Elisabeth you should be more dangerous than you are. You should be meaner than you are. You should be BETTER than you are. Because you are talented. I have seen it. But as soon as those lights shine...as soon as there’s a glint of a title across the ring from you. In those moments when you should rise up the highest. Those moments when your self belief should be most iron clad, when you should truly BELIEVE the words you say will translate into the fight you will bring...Those are the moments that I look at you, Elisabeth, those are the moments I look at you and see it: you don’t believe. Oh you posture and pose. You lean and talk and attempt to swagger. But you are not convincing the people in the stands and you are not convincing the people in the back. You are attempting to convince Lissie Hope. And Lissie Hope is not convinced. We both know that even if large swaths of the rest of this federation do not.
And finally we have a man claiming the crown of Cruiserweight Champion.
Hmph.
The greatest kitten to ever roam the alley is surely esteemed among his peers. The housecat struts and preens with pride and arrogance. Good for the housecat. That tiny little predator. That softer, gentler, weaker cousin of the big cat predators. So what happens to the housecat if it wanders from the alley onto the african plain? What happens to that sweet kitten if the lions show up? That housecat, Derrick, suffers the same fate you will after we thrash Team UCI: it is ripped limb from limb, blood painting every surface near it and then left a lifeless pile. Discarded and forgotten, barely an afterthought.

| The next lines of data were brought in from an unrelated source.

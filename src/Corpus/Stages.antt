-- ===== src/Corpus/Stages.antt =====
-- `run_table` of tb/isa_check.py: the stages over the entries of the table. The lines that it prints
-- are left out; each stage gives the entries that are bad.
pub mod Pass
pub mod Run
use binutils_mcs.Base.{
  ℕ, suc, ◌+◌, Bool, true, false, not, Option, none, some, List, [], ◌∷◌, ◌++◌, ◌==◌, if◌then◌else◌,
  Result, ok, err, ◌>>=◌, length, any,
}
use binutils_mcs.Base.Bytes.{Bytes, codes, equal}
use binutils_mcs.Base.Text.{Text}
use binutils_mcs.Hex.Payload.{Entry, read_table}
use binutils_mcs.Corpus.Disasm.{
  Insn, Why, tool, other_bytes, disagrees, no_target, Stop, corpus_damaged, assemble, decodes,
}
use binutils_mcs.Corpus.Branch.{mismatch, resyntax}

-- `name in stages`
abbrev pub includes : List Text → Text → Bool
includes stages name = any (equal name) stages

-- The line of an entry, and why it is bad.
abbrev pub Bad : Type 0
Bad = ℕ × Why

-- The dictionary `decoded`, the newest entry first.
abbrev pub Decoded : Type 0
Decoded = List (ℕ × Insn)

unfoldable pub find : Decoded → ℕ → Option Insn
find [] n = none
find ((k, i) ∷ dec) n = if k == n then some i else find dec n

module _ (as_new : Text → ℕ × (Text × Bytes)) (objcopy : Bytes → ℕ × (Text × Bytes))
    (objdump : Bytes → ℕ × (Text × Text)) where
  -- What assembling a text gives against the bytes of the entry.
  unfoldable pub compare_bytes : Entry → Text → List Bad
  compare_bytes e source = elim (assemble as_new objcopy objdump source) [
    | err why ↦ (e.line, tool why) ∷ []
    | ok got ↦ if not (equal got e.want) then (e.line, other_bytes got) ∷ [] else []
  ]

  unfoldable pub assemble_stage : List Entry → List Bad
  unfolding compare_bytes
  assemble_stage [] = []
  assemble_stage (e ∷ es) = compare_bytes e e.source ++ assemble_stage es

  unfoldable pub decode_stage : List Entry → Decoded → Result Stop (List Bad × Decoded)
  decode_stage [] dec = ok ([], dec)
  decode_stage (e ∷ es) dec = elim (decodes as_new objcopy objdump e.want) [
    | err stop ↦ err stop
    | ok (err why) ↦ do (bad, dec') ← decode_stage es dec; ok ((e.line, why) ∷ bad, dec')
    | ok (ok i) ↦ decode_stage es ((e.line, i) ∷ dec)
  ]

  -- An entry whose instruction is known, in the stage `roundtrip`.
  unfoldable pub close_round : Entry → Insn → List Bad
  unfolding compare_bytes
  close_round e i =
      if mismatch i.text i.comment
      then (e.line, disagrees) ∷ []
      else elim (resyntax i.text i.comment) [
        | none ↦ (e.line, no_target) ∷ []
        | some back ↦ compare_bytes e back
      ]

  -- An entry of the stage: whether it is considered, and what is bad about it.
  unfoldable pub round_entry : Bool → Decoded → Entry → Result Stop (Bool × List Bad)
  unfolding find close_round
  round_entry decoding dec e = elim (find dec e.line) [
    | some i ↦ ok (true, close_round e i)
    | none ↦ elim decoding [
      | true ↦ ok (false, [])
      | false ↦ elim (decodes as_new objcopy objdump e.want) [
        | err stop ↦ err stop
        | ok (err why) ↦ ok (true, (e.line, why) ∷ [])
        | ok (ok i) ↦ ok (true, close_round e i)
      ]
    ]
  ]

  -- The number of the entries considered, and the bad ones.
  unfoldable pub round_stage : Bool → Decoded → List Entry → Result Stop (ℕ × List Bad)
  unfolding round_entry
  round_stage decoding dec [] = ok (0, [])
  round_stage decoding dec (e ∷ es) = do
    (considered, bad) ← round_entry decoding dec e
    (n, more) ← round_stage decoding dec es
    ok ((if considered then suc n else n), bad ++ more)

  -- The failures of the three stages over a table that was read.
  unfoldable pub run_stages : List Text → List Entry → Result Stop ℕ
  unfolding assemble_stage decode_stage round_stage
  run_stages stages es = do
    (bad, dec) ← if includes stages (codes "decode") then decode_stage es [] else ok ([], [])
    (n, more) ←
        if includes stages (codes "roundtrip")
        then round_stage (includes stages (codes "decode")) dec es
        else ok (0, [])
    let first = if includes stages (codes "assemble") then assemble_stage es else []
    ok (length first + length bad + length more)

  -- A table without an instruction counts as one failure.
  unfoldable pub run_table : List Text → List Text → Result Stop ℕ
  unfolding run_stages
  run_table stages lines = elim (read_table lines) [
    | err e ↦ err (corpus_damaged e)
    | ok [] ↦ ok 1
    | ok (e ∷ es) ↦ run_stages stages (e ∷ es)
  ]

Do not be mistaken, Derrick. This is not JUST because you are small in stature, though that is certainly a factor. It is because you are small in mind, small in ambition, small in courage and small in relevance. You hide yourself in the ranks of the rest of your diminutive peers. At least QDT had the wherewithal to step outside the warm, safe confines of that division and into a place as frightening and dangerous as the Glory US Title tournament. Of course, once he did, he was handily dispatched by the Evolved Man. And you, now stepping out of this comfort zone as you recently have, will also be handily dispatched by the Evolved Man. Do yourself a service and lay down quickly when it becomes a proper Civil War. Otherwise you might get hurt.
That is it then. That is my upcoming “Civil War.” But here we do not have brother vs brother. We do not have ideological opposites letting blood for economic or political reasons. No, here the two sides are simpler. There is Evolution...and all of you. And we all know which one will win.
Burn it down.
Salt the earth.
Evolution comes.
With that Walter turns back toward the victorian glass house and suddenly smashes both hands through the glass, shattering two large panels. The tiny shards cut his forearms, blood seeps from his skin. Walter bellows and grabs an old, iron cross bar that supports the structure. He pulls it and it moves slightly.
Etta: What in the hell…
He pulls again with another scream and this time it bends. Other glass panes pop and shatter. Another scream and he tears the iron bars from the structure and an entire side of the glass house falls down. Etta sprints away to get clear of the glass. Walter smiles as the shards rain down around him.